**WORK INSTRUCTIONS**
Would you retype each record exactly as given?

**DATA TO PROCESS**

---

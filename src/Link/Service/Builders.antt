-- ===== src/Link/Service/Builders.antt =====
-- The packet builders of src/Services/Link/AbstractLinkService.h, and what
-- src/Services/Link/LoLaLinkService.h, LoLaLinkHostService.h and LoLaLinkRemoteService.h build with
-- them, on OutPacket.
use lo_la.Prelude.{
  ℕ, ◌+◌, ◌%◌, ◌/◌, Bool, if◌then◌else◌, Option, none, some, List, [], ◌∷◌, u8, word_bytes,
  bytes_word, u8_max,
}
use lo_la.Packet.Definition.{
  PacketDefinition, ping_definition, report_definition, short_definition, short_with_ack_definition,
  long_definition,
}
use lo_la.Packet.Buffer.{Packet, set_definition, set_id, set_payload, get_payload}

-- LOLA_LINK_SUBHEADER_*, with LOLA_LINK_PROTOCOL_VERSION 1.
abbrev pub link_discovery : ℕ
link_discovery = 0x01

abbrev pub host_id_broadcast : ℕ
host_id_broadcast = 0x11

abbrev pub host_public_key : ℕ
host_public_key = 0x20

abbrev pub remote_pkc_start_request : ℕ
remote_pkc_start_request = 0x30

abbrev pub remote_public_key : ℕ
remote_public_key = 0x31

abbrev pub info_sync_request : ℕ
info_sync_request = 0x40

abbrev pub info_sync_host : ℕ
info_sync_host = 0x41

abbrev pub ntp_reply : ℕ
ntp_reply = 0x42

abbrev pub info_sync_remote : ℕ
info_sync_remote = 0x50

abbrev pub ntp_request : ℕ
ntp_request = 0x51

abbrev pub ntp_tune_request : ℕ
ntp_tune_request = 0x90

abbrev pub ntp_tune_reply : ℕ
ntp_tune_reply = 0x91

abbrev pub link_report : ℕ
link_report = 0x0A

abbrev pub link_report_with_reply : ℕ
link_report_with_reply = 0x0B

-- `SetDefinition(&definition); SetId(id);`
abbrev pub begin_packet : PacketDefinition → ℕ → Packet → Packet
begin_packet definition id p = set_id id (set_definition (some definition) p).0

-- Bytes from an index of the payload on.
abbrev pub write_payload : ℕ → List ℕ → Packet → Packet
write_payload i [] p = p
write_payload i (b ∷ bytes) p = write_payload (i + 1) bytes (set_payload i b p)

-- The word that stands from an index of the payload on, as ArrayToR_Array reads it.
unfoldable pub get_word : ℕ → Packet → ℕ
unfolding get_payload
get_word i p =
    bytes_word (get_payload i p) (get_payload (i + 1) p) (get_payload (i + 2) p)
      (get_payload (i + 3) p)

-- The id is a random byte.
unfoldable pub prepare_ping : ℕ → Packet → Packet
prepare_ping id p = begin_packet ping_definition (u8 id) p

unfoldable pub prepare_report_packet : ℕ → Packet → Packet
prepare_report_packet sub_header p = begin_packet report_definition sub_header p

unfoldable pub prepare_short_packet : (request_id sub_header : ℕ) → Packet → Packet
prepare_short_packet request_id sub_header p =
    set_payload 0 sub_header (begin_packet short_definition request_id p)

unfoldable pub prepare_long_packet : (request_id sub_header : ℕ) → Packet → Packet
prepare_long_packet request_id sub_header p =
    set_payload 0 sub_header (begin_packet long_definition request_id p)

unfoldable pub prepare_short_packet_with_ack : ℕ → Packet → Packet
prepare_short_packet_with_ack request_id p = begin_packet short_with_ack_definition request_id p

-- S_ArrayToPayload, of the word in ATUI_S.
unfoldable pub s_array_to_payload : ℕ → Packet → Packet
s_array_to_payload word p = write_payload 1 (word_bytes word) p

-- A short packet with a word: PrepareIdBroadcast, PreparePKCStartRequest, PrepareClockSyncResponse
-- and PrepareClockSyncTuneResponse are this with their sub-headers.
unfoldable pub prepare_word_packet : (request_id sub_header word : ℕ) → Packet → Packet
unfolding prepare_short_packet s_array_to_payload
prepare_word_packet request_id sub_header word p =
    s_array_to_payload word (prepare_short_packet request_id sub_header p)

-- The key is what GetPublicKeyCompressed writes, if it answers true.
unfoldable pub prepare_public_key_packet :
    (session_id sub_header : ℕ) → Option (List ℕ) → Packet → Packet
unfolding prepare_long_packet
prepare_public_key_packet session_id sub_header none p = prepare_long_packet session_id sub_header p
prepare_public_key_packet session_id sub_header (some key) p =
    write_payload 1 key (prepare_long_packet session_id sub_header p)

-- The counts are those of the driver.
unfoldable pub prepare_link_report :
    (request_reply : Bool) (rssi received_count : ℕ) → Packet → Packet
unfolding prepare_report_packet
prepare_link_report request_reply rssi received_count p =
    write_payload 0 (rssi ∷ (received_count % u8_max) ∷ [])
      (prepare_report_packet (if request_reply then link_report_with_reply else link_report) p)

unfoldable pub prepare_host_info_sync : (rssi rtt : ℕ) → Packet → Packet
unfolding prepare_report_packet
prepare_host_info_sync rssi rtt p =
    write_payload 0 (rssi ∷ u8 rtt ∷ u8 (rtt / 256) ∷ []) (prepare_report_packet info_sync_host p)

unfoldable pub prepare_info_sync_request : Packet → Packet
unfolding prepare_report_packet
prepare_info_sync_request p =
    write_payload 0 (u8_max ∷ u8_max ∷ u8_max ∷ []) (prepare_report_packet info_sync_request p)

unfoldable pub prepare_remote_info_sync : ℕ → Packet → Packet
unfolding prepare_report_packet
prepare_remote_info_sync rssi p =
    write_payload 0 (rssi ∷ u8_max ∷ u8_max ∷ []) (prepare_report_packet info_sync_remote p)

unfoldable pub prepare_link_discovery : ℕ → Packet → Packet
unfolding prepare_short_packet
prepare_link_discovery session_id p =
    write_payload 1 (u8_max ∷ u8_max ∷ u8_max ∷ u8_max ∷ [])
      (prepare_short_packet session_id link_discovery p)

unfoldable pub prepare_link_protocol_switch_over : (session_id partner_id : ℕ) → Packet → Packet
unfolding prepare_short_packet_with_ack
prepare_link_protocol_switch_over session_id partner_id p =
    write_payload 0 (word_bytes partner_id) (prepare_short_packet_with_ack session_id p)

---

**TASK RESULT**
filename src/Link/Service/Builders.antt
-- ===== src/Link/Service/Builders.antt =====
-- The packet builders of src/Services/Link/AbstractLinkService.h, and what
-- src/Services/Link/LoLaLinkService.h, LoLaLinkHostService.h and LoLaLinkRemoteService.h build with
-- them, on OutPacket.
use lo_la.Prelude.{
  ℕ, ◌+◌, ◌%◌, ◌/◌, Bool, if◌then◌else◌, Option, none, some, List, [], ◌∷◌, u8, word_bytes,
  bytes_word, u8_max,
}
use lo_la.Packet.Definition.{
  PacketDefinition, ping_definition, report_definition, short_definition, short_with_ack_definition,
  long_definition,
}
use lo_la.Packet.Buffer.{Packet, set_definition, set_id, set_payload, get_payload}

-- LOLA_LINK_SUBHEADER_*, with LOLA_LINK_PROTOCOL_VERSION 1.
abbrev pub link_discovery : ℕ
link_discovery = 0x01

abbrev pub host_id_broadcast : ℕ
host_id_broadcast = 0x11

abbrev pub host_public_key : ℕ
host_public_key = 0x20

abbrev pub remote_pkc_start_request : ℕ
remote_pkc_start_request = 0x30

abbrev pub remote_public_key : ℕ
remote_public_key = 0x31

abbrev pub info_sync_request : ℕ
info_sync_request = 0x40

abbrev pub info_sync_host : ℕ
info_sync_host = 0x41

abbrev pub ntp_reply : ℕ
ntp_reply = 0x42

abbrev pub info_sync_remote : ℕ
info_sync_remote = 0x50

abbrev pub ntp_request : ℕ
ntp_request = 0x51

abbrev pub ntp_tune_request : ℕ
ntp_tune_request = 0x90

abbrev pub ntp_tune_reply : ℕ
ntp_tune_reply = 0x91

abbrev pub link_report : ℕ
link_report = 0x0A

abbrev pub link_report_with_reply : ℕ
link_report_with_reply = 0x0B

-- `SetDefinition(&definition); SetId(id);`
abbrev pub begin_packet : PacketDefinition → ℕ → Packet → Packet
begin_packet definition id p = set_id id (set_definition (some definition) p).0

-- Bytes from an index of the payload on.
abbrev pub write_payload : ℕ → List ℕ → Packet → Packet
write_payload i [] p = p
write_payload i (b ∷ bytes) p = write_payload (i + 1) bytes (set_payload i b p)

-- The word that stands from an index of the payload on, as ArrayToR_Array reads it.
unfoldable pub get_word : ℕ → Packet → ℕ
unfolding get_payload
get_word i p =
    bytes_word (get_payload i p) (get_payload (i + 1) p) (get_payload (i + 2) p)
      (get_payload (i + 3) p)

-- The id is a random byte.
unfoldable pub prepare_ping : ℕ → Packet → Packet
prepare_ping id p = begin_packet ping_definition (u8 id) p

unfoldable pub prepare_report_packet : ℕ → Packet → Packet
prepare_report_packet sub_header p = begin_packet report_definition sub_header p

unfoldable pub prepare_short_packet : (request_id sub_header : ℕ) → Packet → Packet
prepare_short_packet request_id sub_header p =
    set_payload 0 sub_header (begin_packet short_definition request_id p)

unfoldable pub prepare_long_packet : (request_id sub_header : ℕ) → Packet → Packet
prepare_long_packet request_id sub_header p =
    set_payload 0 sub_header (begin_packet long_definition request_id p)

unfoldable pub prepare_short_packet_with_ack : ℕ → Packet → Packet
prepare_short_packet_with_ack request_id p = begin_packet short_with_ack_definition request_id p

-- S_ArrayToPayload, of the word in ATUI_S.
unfoldable pub s_array_to_payload : ℕ → Packet → Packet
s_array_to_payload word p = write_payload 1 (word_bytes word) p

-- A short packet with a word: PrepareIdBroadcast, PreparePKCStartRequest, PrepareClockSyncResponse
-- and PrepareClockSyncTuneResponse are this with their sub-headers.
unfoldable pub prepare_word_packet : (request_id sub_header word : ℕ) → Packet → Packet
unfolding prepare_short_packet s_array_to_payload
prepare_word_packet request_id sub_header word p =
    s_array_to_payload word (prepare_short_packet request_id sub_header p)

-- The key is what GetPublicKeyCompressed writes, if it answers true.
unfoldable pub prepare_public_key_packet :
    (session_id sub_header : ℕ) → Option (List ℕ) → Packet → Packet
unfolding prepare_long_packet
prepare_public_key_packet session_id sub_header none p = prepare_long_packet session_id sub_header p
prepare_public_key_packet session_id sub_header (some key) p =
    write_payload 1 key (prepare_long_packet session_id sub_header p)

-- The counts are those of the driver.
unfoldable pub prepare_link_report :
    (request_reply : Bool) (rssi received_count : ℕ) → Packet → Packet
unfolding prepare_report_packet
prepare_link_report request_reply rssi received_count p =
    write_payload 0 (rssi ∷ (received_count % u8_max) ∷ [])
      (prepare_report_packet (if request_reply then link_report_with_reply else link_report) p)

unfoldable pub prepare_host_info_sync : (rssi rtt : ℕ) → Packet → Packet
unfolding prepare_report_packet
prepare_host_info_sync rssi rtt p =
    write_payload 0 (rssi ∷ u8 rtt ∷ u8 (rtt / 256) ∷ []) (prepare_report_packet info_sync_host p)

unfoldable pub prepare_info_sync_request : Packet → Packet
unfolding prepare_report_packet
prepare_info_sync_request p =
    write_payload 0 (u8_max ∷ u8_max ∷ u8_max ∷ []) (prepare_report_packet info_sync_request p)

unfoldable pub prepare_remote_info_sync : ℕ → Packet → Packet
unfolding prepare_report_packet
prepare_remote_info_sync rssi p =
    write_payload 0 (rssi ∷ u8_max ∷ u8_max ∷ []) (prepare_report_packet info_sync_remote p)

unfoldable pub prepare_link_discovery : ℕ → Packet → Packet
unfolding prepare_short_packet
prepare_link_discovery session_id p =
    write_payload 1 (u8_max ∷ u8_max ∷ u8_max ∷ u8_max ∷ [])
      (prepare_short_packet session_id link_discovery p)

unfoldable pub prepare_link_protocol_switch_over : (session_id partner_id : ℕ) → Packet → Packet
unfolding prepare_short_packet_with_ack
prepare_link_protocol_switch_over session_id partner_id p =
    write_payload 0 (word_bytes partner_id) (prepare_short_packet_with_ack session_id p)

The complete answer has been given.